BTW when speaking about animals, "кормить" means "to feed."
Ты покормил кота? — Did you feed the cat? http://otvet.mail.ru/question/24440158/

----------


## Zaya

> Надеюсь, это кому-нибудь (or вам) помогло.   
> Mojцa

 очарованный классикой Патрицио Буане 
сладкоголосая птица не нашей юности 
Как нафталиновое творчество 60-х [шестидесятых] 
Тут уж я его не разочаровал. 
Да, повезло парню с дядей, и нечего зубами скрипеть. Но ведь он и сам не промах, по крайней мере, по мнению звукорежиссера легендарной студии «Эбби Роуд» (Abbey Road) в Лондоне 
вперемешку с ароматами папиной пиццы 
получился на редкость душистым 
в такие дни ресторан переходит на спецобслуживание

----------

> He meant something like "they like to cook for people as much as to sing for them." Then he says "I remember that my father used to join the guests and entertain (amuse?) them."

  That's it, да! Я написала значить...  ::  that's wrong even in Serbian!  ::

----------

> Originally Posted by Mojca:)  Надеюсь, это кому-нибудь (or вам) помогло.

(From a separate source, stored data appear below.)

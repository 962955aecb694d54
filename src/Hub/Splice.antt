-- ===== src/Hub/Splice.antt =====
-- A snapshot fetched for one client of a single-sourced key, and the clients that were already
-- following another source.
use hypeha.Base.{ℕ, ◌≤◌, ◌≡◌, ◌≢◌, true, false, List, [], ◌∷◌, ◌++◌, some, ltb, arith}
use hypeha.SubKey.{SubKey, single_sourced}
use hypeha.Entry.{Seq, SubEntry, Pending, arbitrate, on_sticky}
use hypeha.Hub.Update.{attach_rebuilt}

-- On a single-sourced key that follows the source `a`, a late joiner whose snapshot comes from
-- another source `b` takes the whole key over to `b`: from the last height on, the increments of
-- `b` go out to the clients that were attached before, which had no snapshot of `b`, and those of
-- `a` are refused.
pub attach_rebuilt_splices :
    (key : SubKey) (a b id v now : ℕ) (rest : List Pending) (e : SubEntry)
    → single_sourced key ≡ true
    → e.block_leader ≡ some a
    → a ≢ b
    → e.last ≤ v
    → let e' = attach_rebuilt key b id rest e in
      (e'.subscribers ≡ e.subscribers ++ (id ∷ []))
      × ((arbitrate key b (Seq.sticky v) now e').1.deliver ≡ true)
      × ((arbitrate key b (Seq.sticky v) now e').0.subscribers ≡ e.subscribers ++ (id ∷ []))
      × ((arbitrate key a (Seq.sticky v) now e').1.deliver ≡ false)
unfolding attach_rebuilt arbitrate on_sticky
attach_rebuilt_splices key a b id v now rest e s l d h = ground arith

-- On a single-sourced key, an increment of the snapshot's source whose height is below the last one
-- is refused: the client that was just rebuilt on that snapshot misses it.
pub attach_rebuilt_skips :
    (key : SubKey) (b id v now : ℕ) (rest : List Pending) (e : SubEntry)
    → single_sourced key ≡ true
    → ltb v e.last ≡ true
    → (arbitrate key b (Seq.sticky v) now (attach_rebuilt key b id rest e)).1.deliver ≡ false
unfolding attach_rebuilt arbitrate on_sticky
attach_rebuilt_skips key b id v now rest e s h = ground arith
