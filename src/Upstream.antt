-- ===== src/Upstream.antt =====
-- What a source sends and where it goes, from src/upstream.rs: `Frame`, `route`,
-- `block_time_ms` and `handle_text`. `serde_json` is a parameter: `parse` gives the frame of a
-- text, if it is one. The two readings of the wall clock and that of the monotonic clock are
-- arguments.
pub mod Fetch
pub mod Connection
pub mod Spoken
pub mod Wire
pub mod Settled
pub mod Twice
pub mod Printed
pub mod Routing
pub mod Gates
pub mod Backoff
pub mod Order
use hypeha.Base.{
  ℕ, suc, ◌+◌, ◌-◌, ◌*◌, ◌/◌, ◌%◌, ◌^◌, Bool, true, false, not, ◌&&◌, List, [], ◌∷◌, Option, none,
  some, ltb, leb, ◌==◌, if◌then◌else◌, max, Text, codes, to_ascii_lowercase,
}
use hypeha.SubKey.{SubKey, normalized}
use hypeha.Stats.{millis, secs, count_too_old, count_from_future}
use hypeha.Entry.{Seq}
use hypeha.Hub.{AppState, with_source}
use hypeha.Hub.Update.{on_update}

abbrev pub future_limit : ℕ
future_limit = secs 5

-- `d.as_millis() as u64`
abbrev pub as_millis : ℕ → ℕ
as_millis d = d / 1_000_000 % 2 ^ 64

abbrev pub is_ascii_digit : ℕ → Bool
is_ascii_digit c = leb b'0' c && leb c b'9'

-- What follows a prefix, if it is one.
unfoldable pub strip_prefix : Text → Text → Option Text
strip_prefix [] text = some text
strip_prefix (k ∷ key) [] = none
strip_prefix (k ∷ key) (c ∷ text) =
    let rest = strip_prefix key text in if k == c then rest else none

-- What follows the first occurrence of a key: `text.find(KEY)`, and the slice behind it.
unfoldable pub after_first : Text → Text → Option Text
unfolding strip_prefix
after_first key [] = strip_prefix key []
after_first key (c ∷ text) =
    let later = after_first key text in
    elim (strip_prefix key (c ∷ text)) [ none ↦ later | some rest ↦ some rest ]

unfoldable pub leading_digits : Text → Text
leading_digits [] = []
leading_digits (c ∷ text) =
    let rest = leading_digits text in if is_ascii_digit c then c ∷ rest else []

unfoldable pub number_onto : ℕ → Text → ℕ
number_onto n [] = n
number_onto n (c ∷ text) = number_onto (n * 10 + (c - 48)) text

-- `parse::<u64>().ok()` on ASCII digits: nothing for none at all, nor past the range.
unfoldable pub parse_u64 : Text → Option ℕ
unfolding number_onto
parse_u64 [] = none
parse_u64 (c ∷ text) = let n = number_onto 0 (c ∷ text) in if ltb n (2 ^ 64) then some n else none

abbrev pub time_key : Text
time_key = codes "\"time\":"

unfoldable pub block_time_ms : Text → Option ℕ
unfolding after_first leading_digits parse_u64
block_time_ms text = elim (after_first time_key text) [
  | none ↦ none
  | some rest ↦ parse_u64 (leading_digits rest)
]

pub record CoinTime : Type 0 where
  pub coin : Text
  pub time : ℕ

pub record L2Head : Type 0 where
  pub coin : Text
  pub time : ℕ
  pub n_sig_figs : Option ℕ
  pub n_levels : Option ℕ
  pub mantissa : Option ℕ

pub record TradeHead : Type 0 where
  pub coin : Text
  pub tid : ℕ

pub record OrderUpdateHead : Type 0 where
  pub user : Text
  pub height : ℕ

pub record CoinOnly : Type 0 where
  pub coin : Text

pub record L2DiffHead : Type 0 where
  pub coin : Text
  pub height : ℕ
  pub n_sig_figs : Option ℕ
  pub n_levels : Option ℕ
  pub mantissa : Option ℕ

pub data L2DiffFrame : Type 0 where
  snapshot updates : L2DiffHead → L2DiffFrame

pub record StatusHead : Type 0 where
  pub order : CoinOnly

pub record L4Updates : Type 0 where
  pub height : ℕ
  pub order_statuses : List StatusHead
  pub book_diffs : List CoinOnly

pub data L4Frame : Type 0 where
  snapshot : Text → ℕ → L4Frame
  updates : L4Updates → L4Frame

pub data Frame : Type 0 where
  bbo : CoinTime → Frame
  l2_book : L2Head → Frame
  trades : List TradeHead → Frame
  order_updates : List OrderUpdateHead → Frame
  l4_book : L4Frame → Frame
  l2_diff : L2DiffFrame → Frame
  error : Text → Frame

-- `L2DiffHead::key`
abbrev pub diff_key : L2DiffHead → SubKey
diff_key d = SubKey.l2_diff d.coin d.n_sig_figs d.n_levels d.mantissa

unfoldable pub max_tid : ℕ → List TradeHead → ℕ
max_tid m [] = m
max_tid m (t ∷ ts) = max_tid (max m t.tid) ts

unfoldable pub max_height : ℕ → List OrderUpdateHead → ℕ
max_height m [] = m
max_height m (u ∷ us) = max_height (max m u.height) us

-- The coin of `Updates`: that of the first status, else of the first diff.
abbrev pub updates_coin : List StatusHead → List CoinOnly → Option Text
updates_coin (s ∷ ss) ds = some s.order.coin
updates_coin [] (d ∷ ds) = some d.coin
updates_coin [] [] = none

unfoldable pub route_raw : Frame → Option (SubKey × Seq)
unfolding max_tid max_height
route_raw (Frame.bbo d) = some (SubKey.bbo d.coin, Seq.lead d.time)
route_raw (Frame.l2_book d) =
    some (SubKey.l2_book d.coin d.n_sig_figs d.n_levels d.mantissa, Seq.sticky d.time)
route_raw (Frame.trades []) = none
route_raw (Frame.trades (t ∷ ts)) = some (SubKey.trades t.coin, Seq.point (max_tid t.tid ts))
route_raw (Frame.order_updates []) = none
route_raw (Frame.order_updates (u ∷ us)) =
    some (SubKey.order_updates (to_ascii_lowercase u.user), Seq.block (max_height u.height us))
route_raw (Frame.l4_book (L4Frame.snapshot coin height)) =
    some (SubKey.l4_book coin, Seq.snapshot height)
route_raw (Frame.l4_book (L4Frame.updates u)) = elim (updates_coin u.order_statuses u.book_diffs) [
  | none ↦ none
  | some coin ↦ some (SubKey.l4_book coin, Seq.block u.height)
]
route_raw (Frame.l2_diff (L2DiffFrame.snapshot d)) = some (diff_key d, Seq.snapshot d.height)
route_raw (Frame.l2_diff (L2DiffFrame.updates d)) = some (diff_key d, Seq.sticky d.height)
route_raw (Frame.error msg) = none

unfoldable pub route : Frame → Option (SubKey × Seq)
unfolding route_raw
route frame = elim (route_raw frame) [ none ↦ none | some (key, seq) ↦ some (normalized key, seq) ]

-- Stamped further ahead of the clock than the limit.
abbrev pub is_from_future : ℕ → ℕ → Bool
is_from_future t now = ltb now t && ltb (as_millis future_limit) (t - now)

-- Older than the limit by the clock.
abbrev pub is_too_old : ℕ → ℕ → ℕ → Bool
is_too_old limit t now = ltb t now && ltb (as_millis limit) (now - t)

abbrev pub future_time : Option ℕ → ℕ → Bool
future_time none now = false
future_time (some t) now = is_from_future t now

abbrev pub old_time : Option ℕ → Option ℕ → ℕ → Bool
old_time none t now = false
old_time (some limit) none now = false
old_time (some limit) (some t) now = is_too_old limit t now

-- The clock as `handle_text` reads it: the wall clock for each of its two checks, in
-- milliseconds, and the monotonic clock for `on_update`, in nanoseconds.
pub record Clock : Type 0 where
  pub first_ms : ℕ
  pub second_ms : ℕ
  pub instant : ℕ

module _ {Q : Type 0} (try_send : Q → Text → Option Q) (parse : Text → Option Frame) where
  -- A frame that routes: refused by the clock, or arbitrated.
  unfoldable pub admit : ℕ → Clock → Text → SubKey × Seq → AppState Q → AppState Q
  admit src clock text (key, seq) st =
      if future_time (block_time_ms text) clock.first_ms
      then with_source src count_from_future st
      else if old_time st.max_age (block_time_ms text) clock.second_ms
      then with_source src count_too_old st
      else on_update try_send src key seq clock.instant text st

  unfoldable pub handle_text : ℕ → Clock → Text → AppState Q → AppState Q
  unfolding admit
  handle_text src clock text st = elim (parse text) [
    | none ↦ st
    | some frame ↦ elim (route frame) [ none ↦ st | some routed ↦ admit src clock text routed st ]
  ]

 Zaya, have no mercy! I appreciate your corrections so much!!!  ::   
I took a brief look at your answers - already, wow! I had to laugh at my Russian 'trips' at times! I will see now if I can figure out all the meanings with my huuuge dictionary and Google...  ::   
Mojca
PS: Funny cats! I think someone there кормит  ::   his cat with beer!  ::

----------


## Zaya

> PS: Funny cats! I think someone there кормит   his cat with beer!

 I'm glad that you liked them. )
I think you meant this comment. (:  

> не токо покормил себя любимого, еще и пивом пою....

 It means "I didn't only feed myself, I give myself some beer too." It was written by the user Блаженный Кот (and I have just noticed it))).  ::  "Токо" is a corrupt form of "только."

----------


## Zaya

> 1:45-1:52 сладкоголосый *???что???* нашей юности...  *современное или несовременное???* элегантности

 Oh, I didn't write the last one. ) So what I hear:
1:47
Сладкоголосая птица ненашей юности, жгучий темперамент несовременной элегантности. Ни тебе рваных штанов, ни жестких ритмов, ни кислотных текстов, сплошной ретрошик с итальянским акцентом.

----------

Очень спасибо, Zaya! Я дополнила мой перевод ::  Прошу тебя, поясни мне ещо эти два слова!  
получился на редкость душистым – *душистым* - в контексте музикального альбома?  *спецобслуживание* – ?  
(Я печатаю это с помощью фото RU-keyboard!!! Но очень счастлива поговорить по русски!  ::  )

----------

> не токо покормил себя любимого, еще и пивом пою....]
> It means "I didn't only feed myself, I give myself some beer too." It was written by the user Блаженный Кот (and I have just noticed it))).  "Токо" is a corrupt form of "только."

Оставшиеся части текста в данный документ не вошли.